The first issue should be delegated to technical level experts, and not to high level policymakers, because the task is closer to being an art than a science and it would be better to carry it out as objectively as possible. The rate of debt reduction should be a once-and-for-all rate and should not be revisited later. The rate should be of course as small as possible, but high enough to ensure that market access will be restored in a few years.

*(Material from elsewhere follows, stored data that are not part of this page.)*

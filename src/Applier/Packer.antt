-- ===== src/Applier/Packer.antt =====
-- internal/operator-controller/applier/secretpacker.go: the objects of a revision, packed into
-- secrets. A map is a list of its entries, the latest first.
pub mod Invariant
pub mod Refs
pub mod Contents
pub mod Covered
pub mod Loops
pub mod Packed
pub mod Failing
pub mod Resolved
use Prim.Native.String
use operator_controller.Prelude.{
  ℕ, ◌+◌, ◌*◌, zero, suc, String, List, [], ◌∷◌, ◌++◌, Option, none, some, Bool, Result, ok, err,
  ◌>>=◌, ◌==◌, ltb, leb, nat_eq, ◌&&◌, not, if◌then◌else◌, length, take, Ordering,
}
use operator_controller.Sort.{sort_stable}
use operator_controller.ObjectSet.{ObjectSourceRef, SpecObject, SpecPhase}

-- encoding/json, compress/gzip (the writer at the best compression), crypto/sha256,
-- encoding/base64 and the formatting of bytes
pub record EncodingApi : Type 1 where
  pub Object : Type 0
  pub marshal : Object → Option (List ℕ)
  pub gzip_data : List ℕ → Option (List ℕ)
  pub sum_256 : List ℕ → List ℕ
  pub raw_url_encode : List ℕ → String
  pub hex : List ℕ → String
  pub bytes_of : String → List ℕ

-- (phase index, object index)
abbrev pub Position : Type 0
Position = ℕ × ℕ

pub data PackError : Type 0 where
  serializing : Position → PackError
  compressing : Position → PackError
  exceeds_maximum : Position → PackError

-- an immutable `corev1.Secret` of the type for object data; its labels name revision and owner
pub record Secret : Type 0 where
  pub name : String
  pub namespace : String
  pub revision_name : String
  pub owner_name : String
  pub contents : List (String × List ℕ)

pub record SecretPacker : Type 0 where
  pub revision_name : String
  pub owner_name : String
  pub system_namespace : String

pub record PackResult : Type 0 where
  pub secrets : List Secret
  pub refs : List (Position × ObjectSourceRef)

-- the variables of `Pack`
pub record Packing : Type 0 where
  pub secrets : List Secret
  pub refs : List (Position × ObjectSourceRef)
  pub current_data : List (String × List ℕ)
  pub current_size : ℕ
  pub current_pending : List (Position × String)

abbrev pub empty_packing : Packing
empty_packing = record {
  secrets = [];
  refs = [];
  current_data = [];
  current_size = 0;
  current_pending = [];
}

abbrev pub max_secret_data_size : ℕ
max_secret_data_size = 900 * 1024

abbrev pub gzip_threshold : ℕ
gzip_threshold = 900 * 1024

-- the value of a key
abbrev pub lookup : {V : Type 0} → String → List (String × V) → Option V
lookup key [] = none
lookup key ((k, v) ∷ rest) = if k == key then some v else lookup key rest

abbrev pub lookup_ref : Position → List (Position × ObjectSourceRef) → Option ObjectSourceRef
lookup_ref pos [] = none
lookup_ref pos ((q, ref) ∷ rest) =
    if nat_eq q.0 pos.0 && nat_eq q.1 pos.1 then some ref else lookup_ref pos rest

abbrev is_present : {A : Type 0} → Option A → Bool
is_present none = Bool.false
is_present (some _) = Bool.true

abbrev keys : List (String × List ℕ) → List String
keys [] = []
keys ((k, _) ∷ rest) = k ∷ keys rest

module _ (x : EncodingApi) where
  open x use {Object}

  unfoldable pub content_hash : List ℕ → String
  content_hash data' = x.raw_url_encode (x.sum_256 data')

  abbrev value_bytes : Option (List ℕ) → List ℕ
  value_bytes none = []
  value_bytes (some bytes) = bytes

  -- what is written to the hash
  abbrev written : List (String × List ℕ) → List String → List ℕ
  written entries [] = []
  written entries (k ∷ ks) = x.bytes_of k ++ (value_bytes (lookup k entries) ++ written entries ks)

  -- what the loop stores for an object, or the error that it returns
  abbrev pub within_maximum : Position → List ℕ → Result PackError (List ℕ)
  within_maximum pos bytes =
      if ltb max_secret_data_size (length bytes) then err (exceeds_maximum pos) else ok bytes

  abbrev pub of_compressed : Position → Option (List ℕ) → Result PackError (List ℕ)
  of_compressed pos none = err (compressing pos)
  of_compressed pos (some bytes) = within_maximum pos bytes

  abbrev pub of_marshalled : Position → Option (List ℕ) → Result PackError (List ℕ)
  of_marshalled pos none = err (serializing pos)
  of_marshalled pos (some bytes) =
      if ltb gzip_threshold (length bytes)
      then of_compressed pos (x.gzip_data bytes)
      else within_maximum pos bytes

  unfoldable pub encode : Position → Object → Result PackError (List ℕ)
  encode pos o = of_marshalled pos (x.marshal o)

  module _ (p : SecretPacker) where
    unfoldable pub secret_name_from_data : List (String × List ℕ) → String
    secret_name_from_data entries =
        let sum = x.sum_256 (written entries (sort_stable String.compare (keys entries))) in
        String.◌++◌ p.revision_name (String.◌++◌ "-" (x.hex (take 8 sum)))

    unfoldable pub new_secret : List (String × List ℕ) → Secret
    new_secret entries = record {
      name = secret_name_from_data entries;
      namespace = p.system_namespace;
      revision_name = p.revision_name;
      owner_name = p.owner_name;
      contents = entries;
    }

    -- the refs of the objects in the secret
    unfoldable pub back_fill :
        Secret
        → List (Position × String)
        → List (Position × ObjectSourceRef)
        → List (Position × ObjectSourceRef)
    back_fill secret [] refs = refs
    back_fill secret ((pos, key) ∷ pending) refs =
        back_fill secret pending
          ((pos, record { name = secret.name; namespace = p.system_namespace; key = key }) ∷ refs)

    unfoldable pub finalize_current : Packing → Packing
    finalize_current st =
        let secret = new_secret st.current_data in
        if nat_eq (length st.current_data) 0 then st else record {
          secrets = st.secrets ++ secret ∷ [];
          refs = back_fill secret st.current_pending st.refs;
          current_data = [];
          current_size = 0;
          current_pending = [];
        }

    -- new content, in a new secret if the current one has no room for it
    unfoldable pub make_room : ℕ → Packing → Packing
    make_room size st =
        if ltb max_secret_data_size (st.current_size + size)
          && not (nat_eq (length st.current_data) 0)
        then finalize_current st
        else st

    abbrev pub add_data : String → List ℕ → Packing → Packing
    add_data key bytes st = record st {
      current_data = (key, bytes) ∷ st.current_data;
      current_size = st.current_size + length bytes;
    }

    unfoldable pub store_content : String → List ℕ → Packing → Packing
    store_content key bytes st =
        if is_present (lookup key st.current_data)
        then st
        else add_data key bytes (make_room (length bytes) st)

    abbrev pub add_pending : Position → String → Packing → Packing
    add_pending pos key st = record st { current_pending = st.current_pending ++ (pos, key) ∷ [] }

    unfoldable pub pack_bytes : Position → List ℕ → Packing → Packing
    pack_bytes pos bytes st =
        let key = content_hash bytes in add_pending pos key (store_content key bytes st)

    -- the body of the loops, which skips entries that are references
    abbrev pub pack_object : Position → Option Object → Packing → Result PackError Packing
    pack_object pos none st = ok st
    pack_object pos (some o) st = encode pos o >>= λ bytes. ok (pack_bytes pos bytes st)

    unfoldable pub objects_loop :
        ℕ → ℕ → List (SpecObject Object) → Packing → Result PackError Packing
    objects_loop i j [] st = ok st
    objects_loop i j (spec ∷ specs) st =
        pack_object (i, j) spec.object st >>= λ next. objects_loop i (suc j) specs next

    unfoldable pub phases_loop : ℕ → List (SpecPhase Object) → Packing → Result PackError Packing
    phases_loop i [] st = ok st
    phases_loop i (phase ∷ phases) st =
        objects_loop i 0 phase.objects st >>= λ next. phases_loop (suc i) phases next

    unfoldable pub close_packing : Packing → PackResult
    close_packing st =
        let last = finalize_current st in record { secrets = last.secrets; refs = last.refs }

    unfoldable pub pack : List (SpecPhase Object) → Result PackError PackResult
    pack phases = phases_loop 0 phases empty_packing >>= λ st. ok (close_packing st)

The second issue could be tackled by giving a kind of euro-area guarantee for Greek bank deposits – in the short term the European Financial Stability Facility (EFSF) could be used for this purpose. It might bring about later a unified euro-area wide deposit guarantee system, which is badly needed anyway. Bank runs could also be reduced by a more forceful denial of an eventual Greek exit from the euro-area: an exit would make Greece much worse off than a default inside the euro-area. The capital of most Greek banks would be wiped out by the haircut and therefore these banks will need a lot of new capital that the Greek government cannot provide. Again, in the current urgent situation the EFSF should be used through a new earmarked loan to the Greek government. In effect, this will lead to the nationalisation of banks. Bank losses may go beyond current bank capital, especially if bank balance sheets deteriorate because of private sector losses, as a result of the deeper recession. Therefore, these banks should be restructured and the involvement of junior bondholders may be needed, for which help from the European Banking Authority, or better, a specialised euro area-wide bank resolution mechanism, would be needed. The restructured banks should be sold off later – preferably to major European banking groups. And liquidity should be provided to banks possibly through a special exceptional liquidity assistance facility.
Limiting contagion is perhaps the most difficult task. While, for example, the Italian fiscal situation is sustainable even at current borrowing rates, but it may not be sustainable at a much higher rate. Investors, knowing that such an unfavourable situation could emerge, might shun Italian debt if they see that Greece eventually defaulted despite the uncountable number of promises that it would not during the past two years. The risk of such a contagion will be higher if the upcoming EU summit(s) do not find adequate solutions for strengthening the euro-area’s banking system and making the financial backstop for sovereigns more sizeable and effective. The first lines of defence, of course, should be the adoption and implementation of more credible structural and fiscal reforms in Italy and the design of credible bank stress tests throughout euro area – even if proper execution will take more time than what seems to be available to solve the Greek debt misery. Therefore, the other elements of the package currently under discussion are also crucial. It is indeed time to design a package that is comprehensive not just in name.
Zsolt Darvas is research fellow at the Bruegel think-tank and the author of the report ‘Debt restructuring in the euro area: A necessary but manageable evil?’